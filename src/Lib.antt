-- ===== src/Lib.antt =====
-- RayTask is a language with a compiler to bytecode, a virtual machine and a file format for compiled
-- modules (`.rtbc`). This library models parts of the Rust program and proves what makes them correct.
--
-- Parts, and how they interact. The compiler (src/compiler.rs) emits instructions into the chunks of a
-- `Module` (src/bytecode.rs), whose constants are run-time values (src/value.rs) and descriptions of C
-- functions (src/ffi.rs). `serialize_module` writes the module to a file and `deserialize_module` reads
-- it back, in the command line tool and in the stub of a standalone application, which finds its module
-- by `extract_app_payload` (src/bytecode_format.rs).
--
-- A source goes through `preprocess` (src/preprocess.rs) before it is parsed. The checker compares types
-- (src/types.rs); the compiler lays structs out for C (src/abi.rs). Dates are natives of the machine
-- (src/stdlib/time.rs).
--
-- The event loop of the machine (src/vm.rs) keeps tasks, timers and a queue of coroutines that are ready
-- (src/async_rt.rs); a timer that fires settles its task, whose waiters become ready.
--
-- The values of the machine live in the collector's heap (src/gc.rs), which the machine collects from
-- its stack, its globals and the coroutines that wait. The optimiser (src/ssa) works on functions of
-- basic blocks between the checker and the emission of code.
--
-- Files.
--   Value: the data of src/value.rs and the type descriptions of src/ffi.rs.
--   Value.Equality: `Value::equals` on two values of one variant. Value.Ops: the operators of the machine in
--     src/value.rs and src/vm.rs; Words is the arithmetic of `i64`, Kinds the operators of src/ssa/ir.rs.
--   Fold: what src/ssa/passes/const_fold.rs makes of one instruction. Agrees compares it with the machine.
--   Bytecode: chunks, classes and modules of src/bytecode.rs. Bytecode.Op: the instructions, their
--     bytes and their names. Bytecode.Emit: the operations of `Chunk`, and how the jumps and the constants of
--     src/vm.rs read what they emit; Jumps, Constants and Built are about them.
--   Rtbc: src/bytecode_format.rs. Writer and Reader are the two structs of these names; Serialize and
--     Deserialize the functions on modules, with their Values on constants and type descriptions; App
--     is `package_app` and `extract_app_payload`. Varint is about one round of a variable-length
--     integer; Decodes has one rule for each way to build a reader and its writer, and RoundTrip applies
--     them from type descriptions up to whole files; Settles has one rule for each way to build a
--     reader that does not run out of fuel, and Total applies them.
--   Async: src/async_rt.rs. Tasks is about the tasks, Timers about `TimerQueue`, Queue and Turns
--     about `ReadyQueue`: which coroutines it holds, and when one is popped.
--   Types: the types of src/types.rs and their categories. Types.Assign: `is_assignable_to` and `unify`;
--     Unify is about the types of conditionals, Rules about what may not be assigned. Types.Semantic:
--     `is_semantically_assignable` of src/sema.rs, by which the checker decides; Joined compares `unify`
--     with it. Types.FromRef: `ty_from_ref`.
--   Time: dates and spans of src/stdlib/time.rs. Loops is about its loops over years and months, Months
--     about the months of a year, Dates about the parts of a date, Calendar about whole dates, Spans about
--     spans of time; Gregorian is the calendar told apart from the code.
--   Ast: what the modelled code reads of the syntax tree (src/ast.rs).
--   Layout: the types of fields, in src/ffi.rs and src/abi.rs. Layout.Place: `layout_struct` and
--     `layout_union` of src/abi.rs; Sizes is `sizeof` and `offsetof` of src/compiler.rs. Align is about
--     `align_up`, Powers about the alignments of fields, Laid about structs, Packed about packed ones and
--     unions.
--   Preprocess: src/preprocess.rs. Blocks says what conditional blocks mean and is about the loop.
--   Worklist: the search that the marker of src/gc.rs and `reachable` of src/ssa/cfg.rs make. Found and
--     Closed are about what it marks, Ends about when it ends.
--   Gc: the heap of src/gc.rs and `collect`; Alloc is its allocations. Sweep is about the loop over the
--     tracked cells, Marking about what is marked, Collect about a whole collection, Graph about what the
--     program reaches after it, Finalize about finalizers, Ends about when a collection ends.
--   Ssa: the instructions, blocks and functions of src/ssa/ir.rs. Uses is about the values they use
--     and `replace_uses`. Ssa.Cfg: edges and `reachable` of src/ssa/cfg.rs; Edges, Paths and Values are
--     about them. Ssa.CopyProp: src/ssa/passes/copy_prop.rs. Ssa.PhiElim: src/ssa/phi_elim.rs; Returns
--     is about when it comes to a result, Insts and Slots about what it puts into the entry block.
--     Ssa.Simplify: src/ssa/passes/cfg_simplify.rs; Kept is about the blocks that are left, Progress and Folds about
--     their terminators. Ssa.Dce: src/ssa/passes/dce.rs; Closed is about its sets and its work list, Needed
--     and Kept about what is kept, Used about what is used.
--   Prelude: the names of the libraries, Boolean tests, lists, bits, texts and signed integers.
--
-- Choices. A `Vec<u8>` is a list of numbers. The writer only ever appends, so an operation of it is the
-- bytes it appends. The state of the reader is what is left of the input, `data[pos..]`; an operation
-- gives a result and the state after it, or an error. Machine words are native numbers with their
-- wrapping written out: `as u32` is `% 2 ^ 32`, a shift to the left on 64 bits is `% 2 ^ 64`, `usize`
-- has 64 bits. An `i64` and an `f64` are their bit patterns, a `String` its UTF-8 bytes. What the
-- machine keeps behind an `Rc` is the number of its cell. A `HashMap` is its entries in the order of its
-- iteration, a `HashSet` its members. What can panic is an `Option`, or has a constructor for it. The
-- tasks live in a store, and a handle is a number of it, so that two handles can be of one task. A
-- source text, in Preprocess, is its characters; dates and spans, in Time, are signed integers without a
-- bound, which `as_i64` cuts down where the code can overflow.
--
-- `is_assignable_to` swaps its arguments for the parameters of functions, and `is_semantically_assignable`
-- for those of generic types. The model keeps them in their places and turns a flag, so that both are
-- recursions on the two types and need no fuel.
--
-- The three versions of the format share their readers: `Wire` says how a version stores counts, texts
-- and integers.
--
-- Fuel. `Reader.var_loop` has 10 rounds: the guard on `shift` ends the source's loop in the tenth. The
-- recursions of `read_value_*` and `read_ffi_type` have one round more than there are bytes left: each
-- call reads a tag first. `Writer.var_loop` has the number itself, which each round divides by 128.
-- The searches of Worklist and of Ssa.Dce have what the caller gives; Ends and Used prove that enough
-- exists. The search of base types, `is_ancestor`, has what the caller gives, and its end is not proved: in
-- the source it has none where types inherit from each other in a circle. The loop over the years of a date has the number of days, of which each round takes off a year's.
--
-- Not modelled: the texts of the error messages (an error is a constructor), the texts and objects of
-- dates, the arithmetic of `f64` (a parameter), the registration of the built-in functions and of the
-- platform's definitions, the capacity that a `Vec` is given in advance and the memory it takes,
-- `token_is_cancelled`, the depth of the machine's stack. Of the compiler, the checker and the optimiser
-- only the parts named above; not the lexer, the parser, the linker, the C code generator and the rest
-- of the standard library. Of the collector, not the choice of a thread's heap (`install`, `with_heap_mut`).
pub mod Prelude
pub mod Value
pub mod Bytecode
pub mod Rtbc
pub mod Ast
pub mod Async
pub mod Fold
pub mod Gc
pub mod Layout
pub mod Preprocess
pub mod Ssa
pub mod Time
pub mod Types
pub mod Worklist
——
Task details.
For the word "months", go through the records and show each line that carries it.

Exercise response.
--   Time: dates and spans of src/stdlib/time.rs. Loops is about its loops over years and months, Months
--     about the months of a year, Dates about the parts of a date, Calendar about whole dates, Spans about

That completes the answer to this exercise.